NASDAQ believes that the proposed rule change is consistent with Section 6(b)(4) of the Act [12] in that it provides for the equitable allocation of reasonable dues, fees and other charges among members and issuers and other persons using any facility or system which NASDAQ operates or controls, and it does not unfairly discriminate between customers, issuers, brokers or dealers. The proposed clarifying language does not change the application and assessment of the Sales Fee under the rule, but rather provides greater detail on the transactions that trigger the fee and the process by which the fee is collected.

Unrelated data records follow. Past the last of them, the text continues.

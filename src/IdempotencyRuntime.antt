-- ===== src/IdempotencyRuntime.antt =====
-- crates/idempotency-runtime-core/src/lib.rs: the in-memory claim store. `now` is the time that a
-- call reads before it takes the lock, so calls of several threads come in the order of their locks
-- and with times in any order. What stands between `lock()` and the return is one step on
-- `InMemoryState`. A poisoned mutex answers with the text of its error. `limit` is the last
-- representable `Instant`.
pub mod Keys
pub mod KeyLaws
pub mod Cleanup
pub mod Spec
pub mod Exclusive
pub mod Store
mod Tests
use world_infra.Prelude.{
  ℕ, ◌≡◌, Bool, true, false, ◌&&◌, Option, none, some, List, [], ◌∷◌, ltb, if◌then◌else◌, min,
  Result, ok, err, ◌>>=◌, is_some_and,
}
use world_infra.Text.{Text}
use world_infra.Map.{get, insert, remove, retain, text_key}
use world_infra.Time.{instant_saturating_add, ttl_duration}
use Keys.{
  IdempotencyRuntimeError, backend, IdempotencyKeyFormat, IdempotencyNamespace, length_prefixed,
  namespaced_key,
}

pub data WorkClaim : Type 0 where
  fresh pending completed : WorkClaim

pub data EntryState : Type 0 where
  marker pending completed : EntryState

pub record Entry : Type 0 where
  pub state : EntryState
  pub expires_at : ℕ

pub record InMemoryState : Type 0 where
  pub entries : List (Text × Entry)
  pub next_cleanup_at : Option ℕ

-- `entry.expires_at > now`
abbrev pub is_live : ℕ → Entry → Bool
is_live now entry = ltb now entry.expires_at

-- The earlier of a time, if there is one, and `expires_at`.
abbrev pub earliest : Option ℕ → ℕ → Option ℕ
earliest none expires_at = some expires_at
earliest (some current) expires_at = some (min current expires_at)

-- `entries.values().map(|entry| entry.expires_at).min()`
pub min_expiry : List (Text × Entry) → Option ℕ
min_expiry [] = none
min_expiry ((_, entry) ∷ rest) = earliest (min_expiry rest) entry.expires_at

unfoldable pub maybe_cleanup : InMemoryState → ℕ → InMemoryState
unfolding min_expiry
maybe_cleanup s now =
    if is_some_and s.next_cleanup_at (λ next. ltb now next)
    then s
    else let entries = retain (is_live now) s.entries in
      record { entries = entries; next_cleanup_at = min_expiry entries }

unfoldable pub note_expiry : InMemoryState → ℕ → InMemoryState
note_expiry s expires_at = record s { next_cleanup_at = earliest s.next_cleanup_at expires_at }

-- An insertion and the `note_expiry` behind it.
pub put_entry : InMemoryState → Text → EntryState → ℕ → InMemoryState
unfolding note_expiry
put_entry s key state expires_at =
    note_expiry
      (record s {
        entries = insert key (record { state = state; expires_at = expires_at }) s.entries;
      })
      expires_at

-- The steps under the lock.
unfoldable pub locked_set_once : InMemoryState → ℕ → ℕ → Text → InMemoryState × Bool
locked_set_once s now expires_at key =
    let s = maybe_cleanup s now in
    if is_some_and (get key s.entries) (is_live now)
    then (s, false)
    else (put_entry s key marker expires_at, true)

abbrev pub claim_of : EntryState → WorkClaim
claim_of EntryState.pending = WorkClaim.pending
claim_of _ = WorkClaim.completed

unfoldable pub locked_claim_pending : InMemoryState → ℕ → ℕ → Text → InMemoryState × WorkClaim
locked_claim_pending s now expires_at key =
    let s = maybe_cleanup s now in
    let fresh_claim : InMemoryState × WorkClaim =
      (put_entry s key EntryState.pending expires_at, fresh) in
    elim (get key s.entries) [
      | some entry ↦ if is_live now entry then (s, claim_of entry.state) else fresh_claim
      | none ↦ fresh_claim
    ]

unfoldable pub locked_mark_completed : InMemoryState → ℕ → Text → InMemoryState
locked_mark_completed s expires_at key = put_entry s key EntryState.completed expires_at

unfoldable pub locked_delete : InMemoryState → Text → InMemoryState
locked_delete s key = record s { entries = remove key s.entries }

unfoldable pub locked_exists : InMemoryState → ℕ → Text → InMemoryState × Bool
locked_exists s now key =
    let s = maybe_cleanup s now in (s, is_some_and (get key s.entries) (is_live now))

pub record InMemoryIdempotencyStore : Type 0 where
  pub namespace : Option IdempotencyNamespace
  pub key_format : IdempotencyKeyFormat
  pub poisoned : Option Text
  pub state : InMemoryState

-- `new`, `with_namespace` and `with_key_format`.
unfoldable pub new : InMemoryIdempotencyStore
new = record {
  namespace = none;
  key_format = length_prefixed;
  poisoned = none;
  state = record { entries = []; next_cleanup_at = none };
}

unfoldable pub with_namespace : IdempotencyNamespace → InMemoryIdempotencyStore
unfolding new
with_namespace namespace = record new { namespace = some namespace }

unfoldable pub with_key_format :
    InMemoryIdempotencyStore → IdempotencyKeyFormat → InMemoryIdempotencyStore
with_key_format store key_format = record store { key_format = key_format }

abbrev Outcome : Type 0 → Type 0
Outcome A = InMemoryIdempotencyStore × Result IdempotencyRuntimeError A

-- What every method does round its step: make the key, take the lock, keep the new state.
unfoldable pub with_key :
    {A : Type 0}
    → InMemoryIdempotencyStore
    → Text
    → (Text → InMemoryState → InMemoryState × A)
    → Outcome A
with_key store key step = elim (namespaced_key store.namespace key store.key_format) [
  | err e ↦ (store, err e)
  | ok key ↦ elim store.poisoned [
    | some error ↦ (store, err (backend error))
    | none ↦ let (s, a) = step key store.state in (record store { state = s }, ok a)
  ]
]

module _ (limit : ℕ) where
  unfoldable pub expiry : ℕ → ℕ → ℕ
  expiry now ttl = instant_saturating_add limit now (ttl_duration ttl)

  unfoldable pub set_once : InMemoryIdempotencyStore → ℕ → Text → ℕ → Outcome Bool
  set_once store now key ttl =
      with_key store key (λ key s. locked_set_once s now (expiry now ttl) key)

  unfoldable pub claim_pending : InMemoryIdempotencyStore → ℕ → Text → ℕ → Outcome WorkClaim
  claim_pending store now key ttl =
      with_key store key (λ key s. locked_claim_pending s now (expiry now ttl) key)

  unfoldable pub mark_completed : InMemoryIdempotencyStore → ℕ → Text → ℕ → Outcome (Unit {0})
  mark_completed store now key ttl =
      with_key store key (λ key s. (locked_mark_completed s (expiry now ttl) key, tt))

  unfoldable pub delete : InMemoryIdempotencyStore → Text → Outcome (Unit {0})
  delete store key = with_key store key (λ key s. (locked_delete s key, tt))

  unfoldable pub exists : InMemoryIdempotencyStore → ℕ → Text → Outcome Bool
  exists store now key = with_key store key (λ key s. locked_exists s now key)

NASDAQ applies Rule 7002 uniformly to all members' sell orders entered into NASDAQ's transaction execution systems resulting in covered sales.

NASDAQ also believes the proposed rule change is consistent with the provisions of Section 6 of the Act,[13] in general and with Section 6(b)(5) of the Act,[14] in particular, which requires that the rules of an exchange be designed to prevent fraudulent and manipulative acts and practices, promote just and equitable principles of trade, foster cooperation and coordination with persons engaged in regulating, clearing, settling, processing information with respect to, and facilitating transactions in securities, remove impediments to and perfect the mechanism of a free and open market and a national market system, and, in general, protect investors and the public interest. NASDAQ believes that the proposed rule change is consistent with these requirements because the proposed amended rule text provides members with more detail regarding the circumstances under which NASDAQ assesses a Sales Fee, and the process by which the fee is collected. As such, the proposed changes will help avoid member confusion and foster better understanding of the application of the rule. Accordingly, NASDAQ believes the proposed rule change will promote just and equitable principles of trade, remove impediments to and perfect the mechanism of a free and open market and a national market system, and protect investors and the public interest.

B. Self-Regulatory Organization's Statement on Burden on Competition

NASDAQ does not believe that the proposed rule change will result in any burden on competition that is not necessary or appropriate in furtherance of the purposes of the Act, as amended.

C. Self-Regulatory Organization's Statement on Comments on the Proposed Rule Change Received From Members, Participants, or Others

Written comments were neither solicited nor received.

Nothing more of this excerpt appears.